If λ1 is wavelength and f1 is the frequency of the resulting stationary wave, we have
\begin{align*} L &= \frac {\lambda }{2} + \frac {\lambda }{2} = \lambda \\ \text {The frequency of the wave,} \: f_1 &= \frac {v}{\lambda } = \frac v L = 2f \\\end{align*}
Thus the frequency of the first overtone is two times the fundamental frequency. This is also called second harmonics.If the string is made to vibrate in three segments by touching it at one-third of the length from one end, additional nodes are produced in it.

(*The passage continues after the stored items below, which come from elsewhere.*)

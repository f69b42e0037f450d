-- ===== src/Storage.antt =====
-- infrastructure/storage: what the storage backends share, and the vault over a directory of files.
pub mod Notes
pub mod Links
pub mod Graph
pub mod Local
pub mod Batch
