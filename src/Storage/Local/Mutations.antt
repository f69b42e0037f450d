-- ===== src/Storage/Local/Mutations.antt =====
-- infrastructure/storage/localvault/mutations.go.
use para_mcp.Prelude.{Bool, true, false, not, ◌&&◌, Option, none, some, [], ◌++◌, if◌then◌else◌}
use para_mcp.Prelude.Assoc.{get, put, remove}
use para_mcp.Prelude.Text.{Text, codes, same, dec_text}
use para_mcp.Domain.Value.{Fields}
use para_mcp.Domain.Results.{Result, ok, err, Error, not_found, conflict, ◌>>=◌}
use para_mcp.Domain.Entities.{Time, Note, CreateInput, MutationResult, FrontMatter, summary}
use para_mcp.Domain.Filter.{is_empty}
use para_mcp.Domain.Patch.{apply_patch}
use para_mcp.Domain.Path.{NormalizedPath}
use para_mcp.Vault.{Write, attempt}
use para_mcp.Storage.Notes.{format_note}
use para_mcp.Storage.Links.{base, parse_links}
use para_mcp.Storage.Graph.{links, remove_links, upsert}
use para_mcp.Storage.Local.{
  write, create_file, make_dir, rename_file, remove_file, Site, Local, dir, normalize_path,
  read_note, etag_of, upsert_with_links, remove_from_indexes, index_doc, mutation_of,
  summary_to_doc,
}

module _ {N : Type 0} {X : Type 0} (e : Site N X) where
  -- a call of the operating system without an effect on the files
  abbrev pub allowed : Option Error → Result (Unit {0})
  allowed none = ok tt
  allowed (some refusal) = err refusal

  abbrev pub leave : Text → Option Text → Local X → Local X
  leave path none w = w
  leave path (some part) w = record w { files = put dec_text path part w.files }

  abbrev pub written : Option Error → Text → Text → Write (Local X) (Unit {0})
  written none path file w = (ok tt, record w { files = put dec_text path file w.files })
  written (some refusal) path file w = (err refusal, leave path (e.os.torn file) w)

  -- `os.WriteFile`
  unfoldable pub write_file : Text → Text → Write (Local X) (Unit {0})
  write_file path file w = written (e.os.refuse write path) path file w

  -- the step behind a write
  abbrev pub and_then :
      {A B : Type 0} → Result A × Local X → (A → Write (Local X) B) → Result B × Local X
  and_then (ok a, w) next = next a w
  and_then (err x, w) next = (err x, w)

  -- The note as read, where it is at the version that is asked for.
  unfoldable pub current : Text → Text → Local X → Result Note
  current path if_match w = do
    note ← read_note e path w
    if not (is_empty if_match) && not (same note.etag if_match) then err conflict else ok note

  -- the caches of a note whose body was written
  unfoldable pub body_saved : NormalizedPath → Note → Local X → Local X
  body_saved np note w =
      index_doc e (summary e.unicode note) note.body
        (upsert_with_links e np (summary e.unicode note) (parse_links e.unicode note.body) w)

  -- those of a note that keeps its body
  unfoldable pub fields_saved : NormalizedPath → Note → Local X → Local X
  fields_saved np note w =
      upsert_with_links e np (summary e.unicode note) (links np.storage w.graph) w

  -- the tail of the updates: the file, then the caches
  unfoldable pub save :
      (NormalizedPath → Note → Local X → Local X)
      → NormalizedPath
      → Note
      → Write (Local X) MutationResult
  unfolding write_file
  save caches np note = attempt (format_note e.codec note.front_matter note.body) (λ file w.
      and_then (write_file np.storage file w) (λ _ v. (ok (mutation_of e note), caches np note v)))

  -- the note with new content, and the ETag of it
  unfoldable pub edited : Time → Note → FrontMatter → Text → Note
  edited now note fm body =
      let fm' : FrontMatter = record fm { updated_at = now } in
      record note { front_matter = fm'; body = body; etag = etag_of e fm' body }

  -- `UpdateBody`
  unfoldable pub update_body : Time → Text → Text → Text → Write (Local X) MutationResult
  unfolding save current edited
  update_body now path body if_match w =
      attempt (normalize_path e path)
        (λ np v.
          attempt (current np.storage if_match v)
            (λ note. save body_saved np (edited now note note.front_matter body)) v)
        w

  -- `PatchFrontMatter`
  unfoldable pub patch_front_matter : Time → Text → Fields → Text → Write (Local X) MutationResult
  unfolding save current edited
  patch_front_matter now path fields if_match w =
      attempt (normalize_path e path)
        (λ np v.
          attempt (current np.storage if_match v)
            (λ note.
              save fields_saved np
                (edited now note (apply_patch e.unicode note.front_matter fields) note.body))
            v)
        w

  -- `Replace`
  unfoldable pub replace : Time → Text → Fields → Text → Text → Write (Local X) MutationResult
  unfolding save current edited
  replace now path fields body if_match w =
      attempt (normalize_path e path)
        (λ np v.
          attempt (current np.storage if_match v)
            (λ note.
              save body_saved np
                (edited now note (apply_patch e.unicode note.front_matter fields) body))
            v)
        w

  -- `OpenFile` with `O_EXCL`, then the write; a refused write leaves the new file
  abbrev pub opened : Option Error → Option Text → Result (Unit {0})
  opened (some refusal) found = err refusal
  opened none (some raw) = err conflict
  opened none none = ok tt

  unfoldable pub write_new : Text → Text → Write (Local X) (Unit {0})
  unfolding write_file
  write_new path file w =
      attempt (opened (e.os.refuse create_file path) (get dec_text path w.files))
        (λ _ v. write_file path file (record v { files = put dec_text path [] v.files })) w

  unfoldable pub created : NormalizedPath → Text → Write (Local X) MutationResult
  created np body w =
      attempt (read_note e np.storage w)
        (λ note v. (
          ok (mutation_of e note),
          index_doc e (summary e.unicode note) body
              (upsert_with_links e np (summary e.unicode note) (parse_links e.unicode body) v),
        ))
        w

  -- the steps of `Create` before the file: the path, the directory, the content
  unfoldable pub new_file : Time → CreateInput → Result (NormalizedPath × Text)
  new_file now input = do
    np ← normalize_path e input.path
    made ← allowed (e.os.refuse make_dir (dir np.storage))
    file ←
        format_note e.codec (record input.front_matter { created_at = now; updated_at = now })
          input.body
    ok (np, file)

  -- `Create`
  unfoldable pub create : Time → CreateInput → Write (Local X) MutationResult
  unfolding write_new created new_file
  create now input =
      attempt (new_file now input)
        (λ x v. and_then (write_new x.0.storage x.1 v) (λ _. created x.0 input.body))

  abbrev pub renamed : Option Text → Text → Text → Write (Local X) (Unit {0})
  renamed none from to w = (err not_found, w)
  renamed (some raw) from to w =
      (ok tt, record w { files = put dec_text to raw (remove dec_text from w.files) })

  -- `os.Rename`: a file that is there is replaced
  unfoldable pub rename : Text → Text → Write (Local X) (Unit {0})
  rename from to w =
      attempt (allowed (e.os.refuse rename_file from))
        (λ _ v. renamed (get dec_text from v.files) from to v) w

  -- the caches of a note that was moved
  unfoldable pub moved : NormalizedPath → NormalizedPath → Note → Local X → Local X
  moved np nnp note w = record w {
    cache =
        put dec_text nnp.index_key (summary e.unicode note) (remove dec_text np.index_key w.cache);
    graph = upsert nnp.storage (parse_links e.unicode note.body) (remove_links np.storage w.graph);
    index =
        e.fts.add (summary_to_doc (summary e.unicode note) note.body)
          (e.fts.remove_doc (record { scope = e.scope; path = np.storage }) w.index);
  }

  abbrev pub at_path : Note → Text → Note
  at_path note path = record note { ref = record note.ref { path = path } }

  -- the steps of `Move` before the file: both paths, the note as it will be, the directory
  unfoldable pub move_plan :
      Text → Text → Text → Local X → Result (NormalizedPath × NormalizedPath × Note)
  unfolding current
  move_plan path new_path if_match w = do
    np ← normalize_path e path
    nnp ← normalize_path e new_path
    note ← current np.storage if_match w
    made ← allowed (e.os.refuse make_dir (dir nnp.storage))
    ok (np, nnp, at_path note nnp.storage)

  -- `Move`
  unfoldable pub move : Text → Text → Text → Write (Local X) MutationResult
  unfolding move_plan rename moved
  move path new_path if_match w =
      attempt (move_plan path new_path if_match w)
        (λ x v.
          and_then (rename x.0.storage x.1.storage v)
            (λ _ z. (ok (mutation_of e x.2), moved x.0 x.1 x.2 z)))
        w

  abbrev pub unlinked : Option Text → Text → Write (Local X) (Unit {0})
  unlinked none path w = (err not_found, w)
  unlinked (some raw) path w = (ok tt, record w { files = remove dec_text path w.files })

  -- the file of a deleted note: moved to the trash, under its base name, or removed
  unfoldable pub discard : Bool → Text → Write (Local X) (Unit {0})
  unfolding rename
  discard true path w =
      attempt (allowed (e.os.refuse make_dir (codes ".trash")))
        (λ _. rename path (codes ".trash/" ++ base path)) w
  discard false path w =
      attempt (allowed (e.os.refuse remove_file path))
        (λ _ v. unlinked (get dec_text path v.files) path v) w

  -- the version is compared only where one is asked for
  abbrev pub version_checked : Bool → Result Note → Result (Unit {0})
  version_checked true r = ok tt
  version_checked false (ok note) = ok tt
  version_checked false (err x) = err x

  -- `Delete`
  unfoldable pub delete : Text → Bool → Text → Write (Local X) (Unit {0})
  unfolding discard current
  delete path soft if_match w =
      attempt (normalize_path e path)
        (λ np v.
          attempt (version_checked (is_empty if_match) (current np.storage if_match v))
            (λ _ z.
              and_then (discard soft np.storage z) (λ _ y. (ok tt, remove_from_indexes e np y)))
            v)
        w
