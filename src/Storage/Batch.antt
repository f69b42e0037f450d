-- ===== src/Storage/Batch.antt =====
-- noteutil.go and localvault/batch.go: writes of many notes, one behind the other.
use para_mcp.Prelude.{
  ℕ, suc, ◌+◌, ◌≡◌, refl, ap, sym, ◌∙◌, Bool, true, false, Option, none, some, List, [], ◌∷◌, ◌++◌,
  count, if◌then◌else◌, arith,
}
use para_mcp.Prelude.Text.{Text}
use para_mcp.Domain.Value.{Fields}
use para_mcp.Domain.Results.{Result, ok, err, Error}
use para_mcp.Domain.Entities.{NoteSummary, MutationResult, CreateInput, Time}
use para_mcp.Vault.{Write, attempt}
use para_mcp.Storage.Local.{Site, Local, normalize_path}
use para_mcp.Storage.Local.Mutations.{create, update_body, patch_front_matter}

-- `BatchItemResult`; the text of the error is the error
pub record BatchItem : Type 0 where
  pub index : ℕ
  pub path : Text
  pub is_ok : Bool
  pub summary : Option NoteSummary
  pub etag : Text
  pub error : Option Error

pub record BatchResult : Type 0 where
  pub results : List BatchItem
  pub success_count : ℕ
  pub failure_count : ℕ

pub record UpdateBodyItem : Type 0 where
  pub path : Text
  pub body : Text
  pub if_match : Text

pub record PatchItem : Type 0 where
  pub path : Text
  pub fields : Fields
  pub if_match : Text

abbrev pub no_results : BatchResult
no_results = record { results = []; success_count = 0; failure_count = 0 }

-- the entry of the item at `i`
unfoldable pub item_result : ℕ → Text → Result MutationResult → BatchItem
item_result i path (ok r) = record {
  index = i;
  path = path;
  is_ok = true;
  summary = some r.summary;
  etag = r.etag;
  error = none;
}
item_result i path (err x) = record {
  index = i;
  path = path;
  is_ok = false;
  summary = none;
  etag = [];
  error = some x;
}

-- the body of the loop
unfoldable pub add_result : ℕ → Text → Result MutationResult → BatchResult → BatchResult
unfolding item_result
add_result i path r b = record {
  results = b.results ++ item_result i path r ∷ [];
  success_count = elim r [ ok m ↦ b.success_count + 1 | err x ↦ b.success_count ];
  failure_count = elim r [ ok m ↦ b.failure_count | err x ↦ b.failure_count + 1 ];
}

module _ {I : Type 0} {W : Type 0} (path_of : I → Text) (run : I → Write W MutationResult) where
  unfoldable pub run_from : ℕ → List I → BatchResult → W → BatchResult × W
  unfolding add_result
  run_from i [] b w = (b, w)
  run_from i (item ∷ items) b w =
      run_from (suc i) items (add_result i (path_of item) (run item w).0 b) (run item w).1

  -- `RunBatch`, for a function that returns the path of its item
  unfoldable pub run_batch : List I → W → BatchResult × W
  unfolding run_from
  run_batch items w = run_from 0 items no_results w

  -- what the items return and leave, each run on the state that the one before it left
  unfoldable pub runs : List I → W → List (Text × Result MutationResult) × W
  runs [] w = ([], w)
  runs (item ∷ items) w =
      let rest = runs items (run item w).1 in ((path_of item, (run item w).0) ∷ rest.0, rest.1)

module _ {N : Type 0} {X : Type 0} (e : Site N X) where
  unfoldable pub create_item : Time → CreateInput → Write (Local X) MutationResult
  create_item now input =
      attempt (normalize_path e input.path)
        (λ np. create e now (record input { path = np.storage }))

  -- `CreateBatch`
  unfoldable pub create_batch : Time → List CreateInput → Local X → BatchResult × Local X
  unfolding run_batch create_item
  create_batch now = run_batch (λ input. input.path) (create_item now)

  -- `UpdateBodyBatch`
  unfoldable pub update_body_batch : Time → List UpdateBodyItem → Local X → BatchResult × Local X
  unfolding run_batch
  update_body_batch now =
      run_batch (λ it. it.path) (λ it. update_body e now it.path it.body it.if_match)

  -- `PatchFrontMatterBatch`
  unfoldable pub patch_front_matter_batch : Time → List PatchItem → Local X → BatchResult × Local X
  unfolding run_batch
  patch_front_matter_batch now =
      run_batch (λ it. it.path) (λ it. patch_front_matter e now it.path it.fields it.if_match)

-- the entries that tell how each item went, numbered from `i`
unfoldable pub report : ℕ → List (Text × Result MutationResult) → List BatchItem
report i [] = []
report i (o ∷ os) = item_result i o.0 o.1 ∷ report (suc i) os

abbrev pub is_failure : BatchItem → Bool
is_failure r = if r.is_ok then false else true

count-append :
    (p : BatchItem → Bool) (a b : List BatchItem) → count p (a ++ b) ≡ count p a + count p b
count-append p [] b = omega arith
count-append p (x ∷ a) b = ground (arith, count-append p a b)

append-nil : {A : Type 0} (a : List A) → a ++ [] ≡ a
append-nil [] = refl
append-nil (x ∷ a) = ap (◌∷◌ x) (append-nil a)

append_assoc : {A : Type 0} (a b c : List A) → (a ++ b) ++ c ≡ a ++ (b ++ c)
append_assoc [] b c = refl
append_assoc (x ∷ a) b c = ap (◌∷◌ x) (append_assoc a b c)

-- Both counts are those of the entries.
abbrev pub IsCounted : BatchResult → Type 0
IsCounted b =
    (count (λ r. r.is_ok) b.results ≡ b.success_count)
    × (count is_failure b.results ≡ b.failure_count)

add_result-IsCounted :
    (i : ℕ) (path : Text) (r : Result MutationResult) (b : BatchResult)
    → IsCounted b
    → IsCounted (add_result i path r b)
unfolding add_result item_result
add_result-IsCounted i path r b h =
    let item = item_result i path r in
    let oks = count-append (λ x. x.is_ok) b.results (item ∷ []) in
    let failures = count-append is_failure b.results (item ∷ []) in
    elim r [
      | ok m ↦ (ground (arith, oks), ground (arith, failures))
      | err x ↦ (ground (arith, oks), ground (arith, failures))
    ]

module _ {I : Type 0} {W : Type 0} (path_of : I → Text) (run : I → Write W MutationResult) where
  run_from-runs :
      (i : ℕ) (items : List I) (b : BatchResult) (w : W)
      → IsCounted b
      → let out = run_from path_of run i items b w in
        (out.0.results ≡ b.results ++ report i (runs path_of run items w).0)
        × (out.1 ≡ (runs path_of run items w).1)
        × IsCounted out.0
  unfolding run_from runs report
  run_from-runs i [] b w h = (sym (append-nil b.results), refl, h)
  run_from-runs i (item ∷ items) b w h =
      let c = add_result i (path_of item) (run item w).0 b in
      let (r, s, t) =
        run_from-runs (suc i) items c (run item w).1
          (add_result-IsCounted i (path_of item) (run item w).0 b h) in
      (
        r
            ∙ append_assoc b.results (item_result i (path_of item) (run item w).0 ∷ [])
                (report (suc i) (runs path_of run items (run item w).1).0),
        s,
        t,
      )

  -- A batch runs its items one behind the other, each on the state that the one before it left, failed or
  -- not; its entries tell in order how each item went, and both counts are those of the entries.
  pub run_batch-runs :
      (items : List I) (w : W)
      → let out = run_batch path_of run items w in
        (out.0.results ≡ report 0 (runs path_of run items w).0)
        × (out.1 ≡ (runs path_of run items w).1)
        × IsCounted out.0
  unfolding run_batch
  run_batch-runs items w = run_from-runs 0 items no_results w (refl, refl)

\begin{align*} \text {If } \: \lambda \: \text {is the wavelength and} \: f_2 \: \text {its frequency of the wave, then} \\ L &= \frac {\lambda }{2} + \frac {\lambda }{2} + \frac {\lambda }{2} = \frac {3\lambda }{2} \\ \text {or,} \: \lambda &= \frac {2L}{3} \\ \text {and the frequency is given by} \\ f_2 &= \frac {v}{\lambda } = \frac {3v}{2}L = 3f \\ \end{align*}
Hence, the frequency of second overtone is three times the fundamental frequency which is also called third harmonics. Similarly we can obtain other overtone in the same string with more segments. The ratio of the frequency of string is
$$ f: f_1 : f_2 : f_3:\dots = 1: 2: 3\dots $$
The velocity of a transverse wave travelling in a stretched string is given by
$$ v = \sqrt {\frac {T}{\mu }} $$
where T is the tension in the stretched string and µ, the mass per unit length. Since the frequency, f = v/2L in fundamental mode, then
$$ f = \frac {1}{2L}\sqrt {\frac {T}{\mu }} $$
From this expression, it follows that there are three laws of transverse vibration of stretched string;
$$ f\propto \frac {1}{\sqrt {\mu }} $$
These laws can be verified experimentally using a sonometer. This device consists of a wire under tension which is arranged in a hollow wooden board as shown in the figure. The vibration of the wire are passed by the movable bridges to the box and then, to the air inside it.
Reference
Manu Kumar Khatry, Manoj Kumar Thapa, Bhesha Raj Adhikari, Arjun Kumar Gautam, Parashu Ram Poudel. Principle of Physics. Kathmandu: Ayam publication PVT LTD, 2010.
S.K. Gautam, J.M. Pradhan. A text Book of Physics. Kathmandu: Surya Publication, 2003.
A progressive sound wave is produced in the surrounding air having a frequency equal to that of the stationary wave in the string.
This is fundamental frequency or frequency of the first harmonic is the lowest frequency produced by the vibrating string.
Sonometerconsists of a wire under tension which is arranged in a hollow wooden board.
According to the law of transverse vibration of stretched string, the fundamental frequency is inversely proportional to the resonating length, L of the string.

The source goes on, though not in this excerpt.